Suche nur, Bruder, Schwester, Vers 8 gemäß bei deinen Brüdern und Schwestern, z. B. was aus der Wahrheit ist, was der Würde des heiligen Standes der Gotteskindschaft entspricht, was praktisch gerecht ist, was rein, unvermischt und duftend ist, was lieblich ist und auch so klingt, was aus geistlicher Energie und Vortrefflichkeit stammt und wo es etwas zu loben gibt - du wirst sicher viel finden (auch in der heutigen öffentlichen Welt)!. Aber zum Suchen gehört der richtige Blick und die Freude am Finden auch des Kleinen, des in mancher Augen Unscheinbaren. Und darüber denke nach, dies erwäge und lerne daraus für dich selbst und dein Verhalten, ja, suche für dein eigenes Handeln nach jenen acht Dingen! Und dann wird „der Gott des Friedens“ mit dir sein! Die Beschäftigung mit den Dingen, mit denen auch Gott Sich am liebsten beschäftigt, taucht uns in den Strom des Friedens, läßt uns erfahren, daß unser Gott aus Seiner Friedensfülle uns überschüttet, so daß wir als wahre Friedenskinder anderen mitteilen können, was wir selber erfahren. „Der Gott des Friedens“ war mit Paulus, wie oft sehen wir das in der Praxis seines Lebens und Dienens!
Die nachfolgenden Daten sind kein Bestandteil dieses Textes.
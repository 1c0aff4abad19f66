-- ===== src/Heap/Split.antt =====
-- `split_block`, and the block that `kmalloc` takes.
use hatcher.Base.{
  ℕ, ◌+◌, ◌^◌, ◌≤◌, ◌<◌, ◌≡◌, refl, ◌-◌, false, true, false, List, [], ◌∷◌, arith, ◌==◌, ltb, u64,
  ltb→lt, Bool-cases, inl, inr,
}
use hatcher.Effect.{Returns, returns}
use hatcher.Heap.{Heap, block_size, sub64, load, set_prev, take_block}
use hatcher.Heap.Spec.{Seg, seg, after, place, fits}
use hatcher.Heap.Chain.{Chain, Chain-le, frame-update, relink}

-- The heap after a call: the blocks `ss` from `a` to `e`, and below `a` what was there before.
pub record Holds (m : Heap) (prev a : ℕ) (ss : List Seg) (e : ℕ) (m' : Heap) : Type 0 where
  pub chain : Chain m'.header prev a ss e
  pub below : (y : ℕ) → y < a → m'.header y ≡ m.header y
  pub head : m'.heap_head ≡ m.heap_head
  pub base : m'.heap_base ≡ m.heap_base
  pub total : m'.heap_total_size ≡ m.heap_total_size
  pub bytes : (y : ℕ) → m'.byte y ≡ m.byte y

-- The sums that `split_block` makes for a block at `a`, with `next` behind it, and what they say of
-- the addresses that it writes to.
record Sums (a n size : ℕ) : Type 0 where
  small : u64 (n + block_size) ≡ n + block_size
  out : u64 (a + block_size) ≡ a + block_size
  new : u64 (a + block_size + n) ≡ a + block_size + n
  rest : sub64 (sub64 size n) block_size ≡ size - n - block_size
  behind : a + block_size + n + block_size + (size - n - block_size) ≡ a + block_size + size
  nz : (a == 0) ≡ false
  next_nz : (a + block_size + size == 0) ≡ false
  away : (a == (a + block_size + n)) ≡ false
  next_away : (a + block_size + size == (a + block_size + n)) ≡ false
  next_ahead : (a == (a + block_size + size)) ≡ false
  self : (a == a) ≡ true

sums :
    (a n size e : ℕ)
    → 0 < a
    → a + block_size + size ≤ e
    → e < 2 ^ 64
    → n + block_size < size
    → Sums a n size
sums a n size e pos fit room lt = record {
  small = omega arith;
  out = omega arith;
  new = omega arith;
  rest = omega arith;
  behind = omega arith;
  nz = ground arith;
  next_nz = ground arith;
  away = ground arith;
  next_away = ground arith;
  next_ahead = ground arith;
  self = ground arith;
}

split_last :
    (m : Heap) (n prev a size e : ℕ)
    → Sums a n size
    → ltb (n + block_size) size ≡ true
    → Chain m.header prev a (seg size true ∷ []) e
    → Returns
        (λ p m'.
          (p ≡ a + block_size)
          × Holds m prev a (seg n false ∷ seg (size - n - block_size) true ∷ []) e m')
        (take_block n a m)
unfolding take_block load
split_last m n prev a size e s cut c =
    simp (small, cut, out, new, rest, nz, away, self, c.0)
      (returns (
        refl,
        record {
          chain = (rw self, (ground arith, omega arith));
          below = λ y lt. ground arith;
          head = refl;
          base = refl;
          total = refl;
          bytes = λ y. refl;
        },
      ))
  where
    open s use {small, out, new, rest, behind, nz, away, self}

split_inner :
    (m : Heap) (n prev a size e : ℕ) (t : Seg) (ss : List Seg)
    → Sums a n size
    → ltb (n + block_size) size ≡ true
    → Chain m.header prev a (seg size true ∷ t ∷ ss) e
    → Returns
        (λ p m'.
          (p ≡ a + block_size)
          × Holds m prev a (seg n false ∷ seg (size - n - block_size) true ∷ t ∷ ss) e m')
        (take_block n a m)
unfolding take_block load set_prev
split_inner m n prev a size e t ss s cut c =
    simp (small, cut, out, new, rest, nz, next_nz, away, next_away, next_ahead, self, c.0, c.1.0)
      (returns (
        refl,
        record {
          chain = (
            rw self,
            (
              ground arith,
              relink a (a + block_size + n) (a + block_size + size) _ t ss e behind (ground arith)
                  (λ y lt. ground arith) c.1,
            ),
          );
          below = λ y lt. ground arith;
          head = refl;
          base = refl;
          total = refl;
          bytes = λ y. refl;
        },
      ))
  where
    open s use {small, out, new, rest, behind, nz, next_nz, away, next_away, next_ahead, self}

take_whole :
    (m : Heap) (n prev a size e : ℕ) (ss : List Seg)
    → (u64 (n + block_size) ≡ n + block_size) × (u64 (a + block_size) ≡ a + block_size)
    → 0 < a
    → ltb (n + block_size) size ≡ false
    → Chain m.header prev a (seg size true ∷ ss) e
    → Returns
        (λ p m'. (p ≡ a + block_size) × Holds m prev a (seg size false ∷ ss) e m')
        (take_block n a m)
unfolding take_block load
take_whole m n prev a size e ss sums pos cut c =
    let nz : (a == 0) ≡ false = ground arith in
    let self : (a == a) ≡ true = ground arith in
    simp (sums.0, sums.1, cut, nz, c.0)
      (returns (
        refl,
        record {
          chain = (rw self, frame-update m.header a _ a _ ss e (omega arith) c.1);
          below = λ y lt. ground arith;
          head = refl;
          base = refl;
          total = refl;
          bytes = λ y. refl;
        },
      ))

-- A free block of at least `n` bytes is taken as `place` says: its header and the one that is cut
-- off are all that changes, and what is handed out is the address behind its header.
pub take_block-place :
    (m : Heap) (n prev a e : ℕ) (s : Seg) (ss : List Seg)
    → 0 < a
    → e < 2 ^ 64
    → fits n s ≡ true
    → Chain m.header prev a (s ∷ ss) e
    → Returns
        (λ p m'. (p ≡ a + block_size) × Holds m prev a (place n s.size ss) e m')
        (take_block n a m)
unfolding place
take_block-place m n prev a e s ss pos room fit c =
    elim (Bool-cases (ltb (n + block_size) s.size)) [
      | inl cut ↦ rw cut (split cut ss c')
      | inr keep ↦ rw keep (
          take_whole m n prev a s.size e ss (omega (arith, behind, le), omega (arith, behind)) pos
            keep c')
    ]
  where
    behind : after a s ≤ e
    behind = omega (arith, Chain-le m.header a (after a s) ss e c.1)

    le : n ≤ s.size
    le = ground arith

    c' : Chain m.header prev a (seg s.size true ∷ ss) e
    c' = (ground arith, c.1)

    split :
        ltb (n + block_size) s.size ≡ true
        → (ts : List Seg) → Chain m.header prev a (seg s.size true ∷ ts) e
        → Returns
            (λ p m'.
              (p ≡ a + block_size)
              × Holds m prev a (seg n false ∷ seg (s.size - n - block_size) true ∷ ts) e m')
            (take_block n a m)
    split cut [] d =
        split_last m n prev a s.size e (sums a n s.size e pos behind room (ltb→lt _ _ cut)) cut d
    split cut (t ∷ ts) d =
        split_inner m n prev a s.size e t ts (sums a n s.size e pos behind room (ltb→lt _ _ cut))
          cut d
Und auch wir können das erfahren, wenn wir lernen von ihm. Hierüber ließe sich noch viel sagen, aber ich muß abbrechen. Möchte es so sein, daß wir diese ungemein reichhaltige Stelle mehr auskosten, ja vielmehr, daß „der Gott des Friedens“ uns die Kostbarkeit Seiner ununterbrochenen Gemeinschaft genießen und uns Seinen Frieden schmecken lasse, - welch ein Segen würden wir dann für andere werden, braucht doch kein Mensch etwas nötiger als Frieden, den Frieden, den allein Er hat und gibt, der „der Gott des Friedens“ und „der Herr des Friedens“ ist (2Thes 3,16). Gepriesen sei Sein herrlicher Name!
(Schluß folgt, s. G. w).
F. K.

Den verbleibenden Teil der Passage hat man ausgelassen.